Dawson stepped forward between James and the water, pushing James to the side with his right arm, and reaching into his jacket pocket with his left.
‘You’ve been followed you fool,’ he spat.
He drew out a pistol. He’s left handed, James found himself noticing. Dawson brought up the gun and fired. The sound of the shot reverberated off the lock gates, the terrace of houses, the sides of the bridge and the steel walls of the warehouse on the opposite bank. James turned to see Tom stumbling and crouching by the garden wall of the houses. There was no cover nearby.

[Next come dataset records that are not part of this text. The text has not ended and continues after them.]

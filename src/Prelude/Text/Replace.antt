-- ===== src/Prelude/Text/Replace.antt =====
-- Rust's `replace` and `to_uppercase`, the latter of ASCII texts.
use Prim.Native.Nat.{ℕ, zero, suc}
use Prim.Native.Char.{Char, code}
use Prim.Native.String
use Prim.Native.String.{String}
use mathlib.Core.Path.{◌≡◌, refl}
use tembo.Prelude.Tests.{nat_eq, if◌then◌else◌}
use tembo.Prelude.Text.{starts_with, strip_prefix}

abbrev size : String → ℕ
size String.[] = 0
size (String.◌∷◌ c s) = suc (size s)

-- The number is that of the characters still to be dropped, of an occurrence that was replaced.
unfoldable pub replace_from : String → String → ℕ → String → String
unfolding strip_prefix
replace_from p t n String.[] = ""
replace_from p t (suc n) (String.◌∷◌ c s) = replace_from p t n s
replace_from String.[] t zero (String.◌∷◌ c s) = String.◌∷◌ c s
replace_from (String.◌∷◌ d p) t zero (String.◌∷◌ c s) =
    let later = replace_from (String.◌∷◌ d p) t (size p) s in
    let kept = String.◌∷◌ c (replace_from (String.◌∷◌ d p) t zero s) in
    if starts_with (String.◌∷◌ d p) (String.◌∷◌ c s) then String.◌++◌ t later else kept

-- `s.replace(p, t)`, of a `p` that is not empty.
unfoldable pub replace : String → String → String → String
unfolding replace_from
replace p t s = replace_from p t 0 s

-- The character at the place that another one has in a text of the same length.
abbrev swap_in : String → String → Char → Char
swap_in (String.◌∷◌ a s) (String.◌∷◌ b t) c = if nat_eq (code a) (code c) then b else swap_in s t c
swap_in _ _ c = c

-- `to_uppercase`
unfoldable pub uppercase : String → String
uppercase String.[] = ""
uppercase (String.◌∷◌ c s) =
    String.◌∷◌ (swap_in "abcdefghijklmnopqrstuvwxyz" "ABCDEFGHIJKLMNOPQRSTUVWXYZ" c) (uppercase s)

replace_test : replace "ab" "x-" "abcabab" ≡ "x-cx-x-"
unfolding replace replace_from strip_prefix
replace_test = refl

uppercase_test : uppercase "my-db1" ≡ "MY-DB1"
unfolding uppercase
uppercase_test = refl
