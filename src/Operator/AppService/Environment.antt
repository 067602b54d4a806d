-- ===== src/Operator/AppService/Environment.antt =====
-- What an application's container finds in its environment (the part of `generate_deployment` of
-- tembo-operator/src/app_service/manager.rs that fills the manager, and `FORWARDED_ENV_VARS`).
pub mod Found
use Prim.Native.String
use tembo.Prelude.{
  String, Option, none, some, List, [], ◌∷◌, ◌++◌, map, members, cons_to, if◌then◌else◌,
}
use tembo.Prelude.Text.{concat, starts_with}
use tembo.Prelude.Text.Replace.{replace, uppercase}
use tembo.Prelude.BTreeMap
use tembo.Prelude.BTreeMap.{BTreeMap}
use tembo.Operator.Types.AppServices.{
  AppEnvVar, EnvVar, EnvVarRef, read_only_connection, read_write_connection, AppService,
}
use tembo.Operator.AppService.EnvVars.{EnvVarManager, new, set_all, Entries}

-- `FORWARDED_ENV_VARS`, of the variables of the operator's own process. A variable that is not
-- Unicode, which is `none`, makes `std::env::vars` panic.
unfoldable pub forwarded_env_vars : List (Option (String × String)) → Option (List EnvVar)
forwarded_env_vars [] = some []
forwarded_env_vars (none ∷ vars) = none
forwarded_env_vars (some (key, value) ∷ vars) =
    let rest = forwarded_env_vars vars in
    let new_key = replace "TEMBO_APPS_DEFAULT_ENV_" "TEMBO_" key in
    if starts_with "TEMBO_APPS_DEFAULT_ENV_" key
    then cons_to (record { name = new_key; value = some value; value_from = none }) rest
    else rest

abbrev pub plain : String → String → EnvVar
plain name value = record { name = name; value = some value; value_from = none }

abbrev pub from_secret : String → String → String → EnvVar
from_secret name secret_name key = record {
  name = name;
  value = none;
  value_from = some (record { key = key; name = secret_name });
}

abbrev pub apps_connection_secret_name : String → String
apps_connection_secret_name coredb_name = String.◌++◌ coredb_name "-apps"

-- The name of an instance with a suffix, as the name of a variable.
unfoldable pub conn : String → String → String
conn coredb_name suffix = String.◌++◌ (replace "-" "_" (uppercase coredb_name)) suffix

-- The variables of the connections, each with the key that it is set under.
unfoldable pub connections : String → Entries
connections coredb_name =
    let secret_name = apps_connection_secret_name coredb_name in
    let r_conn = conn coredb_name "_R_CONNECTION" in
    let ro_conn = conn coredb_name "_RO_CONNECTION" in
    let rw_conn = conn coredb_name "_RW_CONNECTION" in
    (rw_conn, from_secret r_conn secret_name "r_uri")
    ∷ (ro_conn, from_secret ro_conn secret_name "ro_uri")
    ∷ (rw_conn, from_secret rw_conn secret_name "rw_uri")
    ∷ []

-- The value of an annotation, where there is one.
unfoldable pub annotated : String → Option String → Entries
annotated name none = []
annotated name (some value) = (name, plain name value) ∷ []

abbrev pub by_name : EnvVar → String × EnvVar
by_name v = (v.name, v)

abbrev pub secret_key : EnvVarRef → String
secret_key read_only_connection = "ro_uri"
secret_key read_write_connection = "rw_uri"

-- A variable that the user gives; one without a value is only logged.
unfoldable pub user_var : String → AppEnvVar → List EnvVar
user_var secret_name env = elim env.value [
  | some value ↦ plain env.name value ∷ []
  | none ↦ elim env.value_from_platform [
    | some e ↦ from_secret env.name secret_name (secret_key e) ∷ []
    | none ↦ []
  ]
]

unfoldable pub user_vars : String → List AppEnvVar → List EnvVar
user_vars secret_name [] = []
user_vars secret_name (env ∷ envs) = user_var secret_name env ++ user_vars secret_name envs

-- What the platform sets, from the annotations on.
unfoldable pub platform : String → BTreeMap String → Entries
platform namespace annotations =
    annotated "TEMBO_INSTANCE_ID" (BTreeMap.get "tembo.io/instance_id" annotations)
    ++ (annotated "TEMBO_ORG_ID" (BTreeMap.get "tembo.io/organization_id" annotations)
        ++ ("NAMESPACE", plain "NAMESPACE" namespace) ∷ [])

-- The sets that the manager gets, in their order.
unfoldable pub sets : List EnvVar → AppService → String → String → BTreeMap String → Entries
unfolding connections
sets forwarded appsvc coredb_name namespace annotations =
    connections coredb_name
    ++ (platform namespace annotations
        ++ (map by_name forwarded
            ++ map by_name
                (user_vars (apps_connection_secret_name coredb_name) (members appsvc.env))))

-- `env_vars`
unfoldable pub env_vars :
    List EnvVar → AppService → String → String → BTreeMap String → Option EnvVarManager
env_vars forwarded appsvc coredb_name namespace annotations =
    set_all (sets forwarded appsvc coredb_name namespace annotations) new
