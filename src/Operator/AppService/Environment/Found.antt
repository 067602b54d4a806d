-- ===== src/Operator/AppService/Environment/Found.antt =====
-- Which value a variable of an application's container has
-- (tembo-operator/src/app_service/manager.rs).

use tembo.Prelude.{
  String, ◌≡◌, ◌∙◌, refl, sym, ap, Option, none, some, List, [], ◌∷◌, ◌++◌, map, inl, inr, arith,
  eq_iff, ◌==◌, if◌then◌else◌, Bool-cases, eq_refl, true, false, find, members, All-append,
}
use tembo.Prelude.BTreeMap.{BTreeMap}
use tembo.Operator.Types.AppServices.{EnvVar, AppService}
use tembo.Operator.AppService.EnvVars.{EnvVarManager, Entries, put, put_all}
use tembo.Operator.AppService.EnvVars.Refined.{set_all-new}
use tembo.Operator.AppService.EnvVars.Values.{
  value_of, last_of, value_of-put_all, IsNamed, put_all-IsNamed,
}
use tembo.Operator.AppService.Environment.{
  env_vars, sets, connections, conn, from_secret, apps_connection_secret_name, annotated, platform,
  by_name, user_vars,
}

-- The last variable of a name.
unfoldable pub last_named : String → List EnvVar → Option EnvVar
last_named name [] = none
last_named name (v ∷ vs) = elim (last_named name vs) [
  | some w ↦ some w
  | none ↦ if v.name == name then some v else none
]

-- The variables that remain, in the order of their sets: that of the connection `r_uri`, which the
-- source sets first, under the key of the read-write connection, is not among them.
unfoldable pub remaining :
    List EnvVar → AppService → String → String → BTreeMap String → List EnvVar
remaining forwarded appsvc coredb_name namespace annotations =
    let secret_name = apps_connection_secret_name coredb_name in
    from_secret (conn coredb_name "_RO_CONNECTION") secret_name "ro_uri"
    ∷ from_secret (conn coredb_name "_RW_CONNECTION") secret_name "rw_uri"
    ∷ (map (λ e. e.1) (platform namespace annotations)
        ++ (forwarded ++ user_vars secret_name (members appsvc.env)))

find_value :
    (name : String) (es : Entries)
    → IsNamed es
    → find (λ v. v.name == name) (map (λ e. e.1) es) ≡ value_of name es
unfolding find value_of
find_value name [] h = refl
find_value name ((k, v) ∷ es) (h, hs) = rw h (ground (arith, find_value name es hs))

last_value :
    (name : String) (es : Entries)
    → IsNamed es
    → last_of name es ≡ last_named name (map (λ e. e.1) es)
unfolding last_of last_named
last_value name [] h = refl
last_value name ((k, v) ∷ es) (h, hs) =
    ground (arith, eq_iff k name, eq_iff v.name name, last_value name es hs)

annotated-IsNamed : (name : String) (o : Option String) → IsNamed (annotated name o)
unfolding annotated
annotated-IsNamed name none = tt
annotated-IsNamed name (some value) = (refl, tt)

platform-IsNamed :
    (namespace : String) (annotations : BTreeMap String) → IsNamed (platform namespace annotations)
unfolding platform
platform-IsNamed namespace annotations =
    All-append _ _ _ (annotated-IsNamed "TEMBO_INSTANCE_ID" _)
      (All-append _ _ _ (annotated-IsNamed "TEMBO_ORG_ID" _) (refl, tt))

by_name-IsNamed : (vs : List EnvVar) → IsNamed (map by_name vs)
by_name-IsNamed [] = tt
by_name-IsNamed (v ∷ vs) = (refl, by_name-IsNamed vs)

-- What the sets of the connections leave: the value that came first was overwritten.
module _ (ro_conn rw_conn : String) (r_value ro_value rw_value : EnvVar) where
  base : Entries
  base = put rw_conn rw_value (put ro_conn ro_value ((rw_conn, r_value) ∷ []))

  base_same : (rw_conn == ro_conn) ≡ true → base ≡ (rw_conn, rw_value) ∷ []
  unfolding base put
  base_same e = rw (e, eq_refl rw_conn) refl

  base_other : (rw_conn == ro_conn) ≡ false → base ≡ (rw_conn, rw_value) ∷ (ro_conn, ro_value) ∷ []
  unfolding base put
  base_other e = rw (e, eq_refl rw_conn) refl

  base-IsNamed : ro_value.name ≡ ro_conn → rw_value.name ≡ rw_conn → IsNamed base
  base-IsNamed h k = elim (Bool-cases (rw_conn == ro_conn)) [
    | inl e ↦ rw (base_same e) (k, tt)
    | inr e ↦ rw (base_other e) (k, (h, tt))
  ]

  value_of-base :
      (name : String)
      → value_of name base ≡ (
          if rw_conn == name
          then some rw_value
          else if ro_conn == name
          then some ro_value
          else none)
  unfolding value_of
  value_of-base name = elim (Bool-cases (rw_conn == ro_conn)) [
    | inl e ↦ rw (base_same e) (rw ((eq_iff rw_conn ro_conn).0 e) (ground arith))
    | inr e ↦ rw (base_other e) refl
  ]

  find-base :
      (name : String) (es : Entries)
      → IsNamed es
      → ro_value.name ≡ ro_conn
      → rw_value.name ≡ rw_conn
      → find (λ v. v.name == name) (map (λ e. e.1) (put_all es base))
        ≡ last_named name (ro_value ∷ rw_value ∷ map (λ e. e.1) es)
  unfolding last_named
  find-base name es h k l =
      find_value name (put_all es base) (put_all-IsNamed es base h (base-IsNamed k l))
      ∙ value_of-put_all name es base
      ∙ rw (last_value name es h, k, l) (ground (arith, value_of-base name))

-- What is set after the connections.
later : List EnvVar → AppService → String → String → BTreeMap String → Entries
later forwarded appsvc coredb_name namespace annotations =
    platform namespace annotations
    ++ (map by_name forwarded
        ++ map by_name (user_vars (apps_connection_secret_name coredb_name) (members appsvc.env)))

map_append : (es ds : Entries) → map (λ e. e.1) (es ++ ds) ≡ map (λ e. e.1) es ++ map (λ e. e.1) ds
map_append [] ds = refl
map_append (e ∷ es) ds = ap (λ l. e.1 ∷ l) (map_append es ds)

values_by_name : (vs : List EnvVar) → map (λ e. e.1) (map by_name vs) ≡ vs
values_by_name [] = refl
values_by_name (v ∷ vs) = ap (λ l. v ∷ l) (values_by_name vs)

module _ (forwarded : List EnvVar) (appsvc : AppService) (coredb_name namespace : String)
    (annotations : BTreeMap String) where
  later-IsNamed : IsNamed (later forwarded appsvc coredb_name namespace annotations)
  unfolding later
  later-IsNamed =
      All-append _ _ _ (platform-IsNamed namespace annotations)
        (All-append _ _ _ (by_name-IsNamed forwarded) (by_name-IsNamed _))

  later_values :
      map (λ e. e.1) (later forwarded appsvc coredb_name namespace annotations)
      ≡ map (λ e. e.1) (platform namespace annotations)
        ++ (forwarded ++ user_vars (apps_connection_secret_name coredb_name) (members appsvc.env))
  unfolding later
  later_values =
      rw (map_append (platform namespace annotations), map_append (map by_name forwarded))
        (rw
          (
            values_by_name forwarded,
            values_by_name
                (user_vars (apps_connection_secret_name coredb_name) (members appsvc.env)),
          )
          refl)

  -- The environment is always made, and a name that is looked up in it gives the last variable of
  -- that name among these, in this order: the read-only and the read-write connection, the
  -- platform's, the forwarded ones, the user's. The connection `r_uri`, which the source is to map
  -- into the container too, is lost: its variable has a value only if a later part sets that name.
  pub env_vars-find :
      (m : EnvVarManager) × (env_vars forwarded appsvc coredb_name namespace annotations ≡ some m)
      × ((name : String)
          → find (λ v. v.name == name) m.vars
            ≡ last_named name (remaining forwarded appsvc coredb_name namespace annotations))
  unfolding env_vars sets connections put_all remaining later base put
  env_vars-find =
      let run = set_all-new (sets forwarded appsvc coredb_name namespace annotations) in
      let secret_name = apps_connection_secret_name coredb_name in
      let ro_conn = conn coredb_name "_RO_CONNECTION" in
      let rw_conn = conn coredb_name "_RW_CONNECTION" in
      (
        run.0,
        run.1,
        λ name. rw run.2 (
            rw (sym later_values) (
              find-base ro_conn rw_conn
                (from_secret (conn coredb_name "_R_CONNECTION") secret_name "r_uri")
                (from_secret ro_conn secret_name "ro_uri")
                (from_secret rw_conn secret_name "rw_uri") name
                (later forwarded appsvc coredb_name namespace annotations) later-IsNamed refl
                refl)),
      )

‘DC Shepherd I believe,’ Dawson said taking aim.
James leapt at him, reaching for Dawson’s left arm. He grabbed the forearm, dragging the gun down while his other arm circled his shoulders. They were in a bear hug teetering on the smooth curved bricks that edged the moorings.
Dawson fought to release his arm, but James pulled the gun between their bodies. He was on tip toe. Dawson’s back arched. They were off balance, falling.
The gun fired. James felt a thud against his chest just before he hit the water on top of Dawson. His grip on the other man loosened and they parted under water. James kicked for the surface. His feet hit the sloping base of the canal as his head broke the surface. His feet found purchase and though they sank into the ooze, he stood, buoyed up by the water which lapped around his chest. He looked down at himself. He chest hurt from the thump he’d received but there was no blood. The shot hadn’t hit him. It must have been the recoil that hurt.
James twisted around. Dawson was floating a little further out in the middle of the canal, face down, his suit and shirt ballooned.
‘Jim! Are you alright?’ Tom’s voice came from the bank.
James glanced at him then back at Dawson, still floating without movement.
‘Get a life-ring or a rope or something,’ James called and half stepped, half swam towards Dawson.  The centre of the canal was deeper and James felt his shoes and sodden clothes tugging him under. The current from the leaking lock was starting to take Dawson downstream towards the bridge. James kicked out and swam a few strokes until his grasping fingers encountered cloth. He gripped Dawson’s unconscious body, turned him, held him close. But he was sinking, his chin barely above the water.
There was a splash nearby. A plastic life-ring. James kicked his legs. With one arm around Dawson he reached out. His spare hand found the ring. He pulled it towards himself, the extra buoyancy allowing him to hold his head up.
‘Have you got a grip?’ Tom called.
‘Pull!’ James called with his remaining breath. He felt the tug as Tom began heaving in the ring with its catch. James found the soft weedy bottom of the canal beneath his feet again but with Dawson’s weight resting on him he couldn’t balance. Tom continued to pull them close to the bank.
At last, James’ head touched the brick canalside. He pushed with his feet sliding his body into an almost upright position against the wall.
‘Can you get Dawson out?’ he panted.
Tom reached over him, laying on the ground and grabbed the unresponsive body. He dragged him from the water onto the bank. When Dawson was lying with just his feet dangling over the edge, Tom came back to James.
‘Do you need help, Jim?’
James realised he was exhausted. There was no way he was going to be able to haul himself and his wet clothes out of the cold water.
‘Yes, please, Tom,’ he sighed.
Tom knelt and reached down and put his hands under James armpits.  The muscles in his arms felt like steel hawsers against James’ skin. Tom grunted and heaved. James rose from the water. He flailed, trying to get a grip on the brickwork. His knees cleared the bank and he bent his legs to crawl onto the land. Tom released him with a groan.
James lay panting and shivering only vaguely hearing Tom speaking into his phone.
After a few moments James found enough breath to speak.
‘He’s dead. Bullet wound through his chest.’ Tom said.